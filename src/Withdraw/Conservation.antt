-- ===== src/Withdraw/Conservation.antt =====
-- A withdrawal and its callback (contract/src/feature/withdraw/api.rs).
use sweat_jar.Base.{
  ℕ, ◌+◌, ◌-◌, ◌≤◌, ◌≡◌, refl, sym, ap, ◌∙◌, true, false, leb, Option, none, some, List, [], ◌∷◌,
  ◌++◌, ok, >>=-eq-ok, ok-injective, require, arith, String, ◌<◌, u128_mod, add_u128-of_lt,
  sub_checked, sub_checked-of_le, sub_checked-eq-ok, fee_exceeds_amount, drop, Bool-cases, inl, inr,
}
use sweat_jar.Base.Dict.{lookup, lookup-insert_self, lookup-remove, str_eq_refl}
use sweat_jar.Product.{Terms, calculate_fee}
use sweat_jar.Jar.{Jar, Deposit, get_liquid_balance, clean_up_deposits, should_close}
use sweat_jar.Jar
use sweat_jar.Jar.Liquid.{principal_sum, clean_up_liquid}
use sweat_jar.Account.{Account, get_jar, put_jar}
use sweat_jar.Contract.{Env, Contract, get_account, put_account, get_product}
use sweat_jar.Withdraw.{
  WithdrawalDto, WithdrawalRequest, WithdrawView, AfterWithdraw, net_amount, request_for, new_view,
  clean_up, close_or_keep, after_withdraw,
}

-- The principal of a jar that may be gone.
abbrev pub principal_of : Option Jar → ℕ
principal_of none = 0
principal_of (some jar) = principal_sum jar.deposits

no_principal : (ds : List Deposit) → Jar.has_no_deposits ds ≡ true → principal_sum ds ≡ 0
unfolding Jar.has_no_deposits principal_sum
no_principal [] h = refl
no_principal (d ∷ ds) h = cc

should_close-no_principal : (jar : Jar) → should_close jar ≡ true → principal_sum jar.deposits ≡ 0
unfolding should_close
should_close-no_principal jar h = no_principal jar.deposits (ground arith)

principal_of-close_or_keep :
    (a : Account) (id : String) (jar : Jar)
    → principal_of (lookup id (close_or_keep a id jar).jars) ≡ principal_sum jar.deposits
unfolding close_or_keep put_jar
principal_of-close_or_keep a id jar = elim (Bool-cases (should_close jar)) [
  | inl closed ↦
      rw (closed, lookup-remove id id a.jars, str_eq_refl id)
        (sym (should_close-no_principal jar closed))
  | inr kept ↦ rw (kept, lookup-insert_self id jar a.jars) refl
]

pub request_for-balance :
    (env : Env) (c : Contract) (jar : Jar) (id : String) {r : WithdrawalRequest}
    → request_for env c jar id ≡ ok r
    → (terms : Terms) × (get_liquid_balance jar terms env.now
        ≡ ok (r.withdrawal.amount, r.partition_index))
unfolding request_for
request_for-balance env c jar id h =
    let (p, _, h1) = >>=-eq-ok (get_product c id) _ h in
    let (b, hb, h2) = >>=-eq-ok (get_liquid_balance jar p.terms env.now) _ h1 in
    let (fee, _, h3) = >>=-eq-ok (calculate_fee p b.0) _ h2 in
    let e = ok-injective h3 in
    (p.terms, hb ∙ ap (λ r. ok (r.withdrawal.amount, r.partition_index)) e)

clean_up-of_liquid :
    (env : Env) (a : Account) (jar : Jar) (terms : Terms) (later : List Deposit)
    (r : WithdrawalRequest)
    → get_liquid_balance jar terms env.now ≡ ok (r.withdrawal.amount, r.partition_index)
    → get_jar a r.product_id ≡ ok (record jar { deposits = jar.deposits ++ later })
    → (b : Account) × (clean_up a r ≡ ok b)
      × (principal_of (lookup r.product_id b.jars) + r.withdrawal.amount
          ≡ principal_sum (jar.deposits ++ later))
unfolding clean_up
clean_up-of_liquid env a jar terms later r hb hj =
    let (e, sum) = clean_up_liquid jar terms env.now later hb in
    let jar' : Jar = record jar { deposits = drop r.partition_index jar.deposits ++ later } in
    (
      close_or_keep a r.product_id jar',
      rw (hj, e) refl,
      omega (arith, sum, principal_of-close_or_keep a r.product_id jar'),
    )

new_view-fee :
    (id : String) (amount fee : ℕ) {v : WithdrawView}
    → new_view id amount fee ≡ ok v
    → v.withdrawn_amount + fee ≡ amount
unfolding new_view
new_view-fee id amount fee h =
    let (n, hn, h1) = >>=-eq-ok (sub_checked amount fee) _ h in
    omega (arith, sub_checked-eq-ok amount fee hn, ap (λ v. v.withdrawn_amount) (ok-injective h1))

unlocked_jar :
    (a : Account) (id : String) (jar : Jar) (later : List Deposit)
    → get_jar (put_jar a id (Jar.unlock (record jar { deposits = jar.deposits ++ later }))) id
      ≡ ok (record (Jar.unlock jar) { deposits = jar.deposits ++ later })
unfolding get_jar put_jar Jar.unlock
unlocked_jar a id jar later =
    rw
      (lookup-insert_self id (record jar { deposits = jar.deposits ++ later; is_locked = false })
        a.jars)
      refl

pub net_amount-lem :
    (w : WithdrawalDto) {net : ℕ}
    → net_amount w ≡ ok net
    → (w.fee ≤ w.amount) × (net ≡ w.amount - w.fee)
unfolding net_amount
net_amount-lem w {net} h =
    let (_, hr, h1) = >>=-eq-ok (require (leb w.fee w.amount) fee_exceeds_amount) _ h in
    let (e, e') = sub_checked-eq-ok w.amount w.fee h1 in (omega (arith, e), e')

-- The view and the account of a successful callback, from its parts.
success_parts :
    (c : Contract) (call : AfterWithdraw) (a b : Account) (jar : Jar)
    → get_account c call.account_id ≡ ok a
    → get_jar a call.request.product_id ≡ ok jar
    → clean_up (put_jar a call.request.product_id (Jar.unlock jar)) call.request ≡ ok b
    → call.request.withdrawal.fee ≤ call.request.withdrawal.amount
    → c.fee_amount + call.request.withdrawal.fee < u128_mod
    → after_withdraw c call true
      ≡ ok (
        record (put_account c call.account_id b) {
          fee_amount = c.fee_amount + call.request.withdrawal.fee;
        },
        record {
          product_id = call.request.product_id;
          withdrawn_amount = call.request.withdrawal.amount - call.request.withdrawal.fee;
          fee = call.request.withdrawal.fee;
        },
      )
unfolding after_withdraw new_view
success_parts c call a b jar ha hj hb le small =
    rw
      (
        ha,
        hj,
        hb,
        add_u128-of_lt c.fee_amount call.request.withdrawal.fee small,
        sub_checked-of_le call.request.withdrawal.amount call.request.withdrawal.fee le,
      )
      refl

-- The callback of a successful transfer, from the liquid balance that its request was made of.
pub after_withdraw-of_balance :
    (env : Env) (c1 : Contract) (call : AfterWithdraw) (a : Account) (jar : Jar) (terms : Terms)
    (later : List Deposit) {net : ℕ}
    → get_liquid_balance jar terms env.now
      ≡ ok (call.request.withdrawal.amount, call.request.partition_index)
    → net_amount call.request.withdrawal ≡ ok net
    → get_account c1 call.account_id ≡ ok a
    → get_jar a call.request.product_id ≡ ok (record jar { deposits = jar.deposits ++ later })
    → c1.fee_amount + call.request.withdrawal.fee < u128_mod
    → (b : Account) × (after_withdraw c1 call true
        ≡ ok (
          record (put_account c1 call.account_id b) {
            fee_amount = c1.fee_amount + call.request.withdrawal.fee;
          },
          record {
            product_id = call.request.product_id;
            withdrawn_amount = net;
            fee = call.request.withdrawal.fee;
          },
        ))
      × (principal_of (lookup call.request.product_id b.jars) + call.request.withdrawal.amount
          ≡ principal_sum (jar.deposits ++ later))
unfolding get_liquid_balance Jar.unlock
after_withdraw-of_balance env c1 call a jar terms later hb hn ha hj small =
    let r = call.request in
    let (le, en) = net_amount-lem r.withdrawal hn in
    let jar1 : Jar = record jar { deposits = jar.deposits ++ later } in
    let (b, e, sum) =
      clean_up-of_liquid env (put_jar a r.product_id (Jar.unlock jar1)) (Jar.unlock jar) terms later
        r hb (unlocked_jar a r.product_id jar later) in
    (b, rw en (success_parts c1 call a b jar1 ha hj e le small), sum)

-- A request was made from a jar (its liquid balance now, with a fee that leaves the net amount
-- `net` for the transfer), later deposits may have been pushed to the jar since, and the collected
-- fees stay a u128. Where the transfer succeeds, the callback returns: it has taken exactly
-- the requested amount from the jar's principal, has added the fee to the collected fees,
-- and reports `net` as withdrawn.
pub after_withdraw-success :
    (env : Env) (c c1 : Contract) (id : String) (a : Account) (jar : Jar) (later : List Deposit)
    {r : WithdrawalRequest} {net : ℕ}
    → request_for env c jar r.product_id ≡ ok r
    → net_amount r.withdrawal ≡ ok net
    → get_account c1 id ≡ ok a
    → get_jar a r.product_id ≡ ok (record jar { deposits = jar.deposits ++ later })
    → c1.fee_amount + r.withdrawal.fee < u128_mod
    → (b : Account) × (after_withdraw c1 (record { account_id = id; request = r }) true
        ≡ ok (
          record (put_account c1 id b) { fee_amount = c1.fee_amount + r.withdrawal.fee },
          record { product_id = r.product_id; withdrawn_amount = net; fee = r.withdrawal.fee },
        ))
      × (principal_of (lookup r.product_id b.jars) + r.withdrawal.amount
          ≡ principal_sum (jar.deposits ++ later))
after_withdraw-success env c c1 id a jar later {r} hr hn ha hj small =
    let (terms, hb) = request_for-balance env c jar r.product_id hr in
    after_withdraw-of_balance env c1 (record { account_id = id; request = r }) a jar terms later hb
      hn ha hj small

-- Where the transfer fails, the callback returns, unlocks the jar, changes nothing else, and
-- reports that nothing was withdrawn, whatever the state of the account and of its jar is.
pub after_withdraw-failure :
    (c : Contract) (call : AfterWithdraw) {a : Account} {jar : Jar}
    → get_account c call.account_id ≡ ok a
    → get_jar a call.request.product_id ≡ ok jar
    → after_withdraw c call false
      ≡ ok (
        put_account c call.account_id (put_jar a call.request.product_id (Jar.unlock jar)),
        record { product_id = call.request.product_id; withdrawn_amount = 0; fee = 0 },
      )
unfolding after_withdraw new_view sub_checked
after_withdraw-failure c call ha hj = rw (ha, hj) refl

──────

[To do]: Only a word-for-word repetition of the lines from the one containing "put_account c call.account_id (put_jar" to the final line of the data above counts as the answer.

[Written answer]:
        put_account c call.account_id (put_jar a call.request.product_id (Jar.unlock jar)),
        record { product_id = call.request.product_id; withdrawn_amount = 0; fee = 0 },
      )
unfolding after_withdraw new_view sub_checked
after_withdraw-failure c call ha hj = rw (ha, hj) refl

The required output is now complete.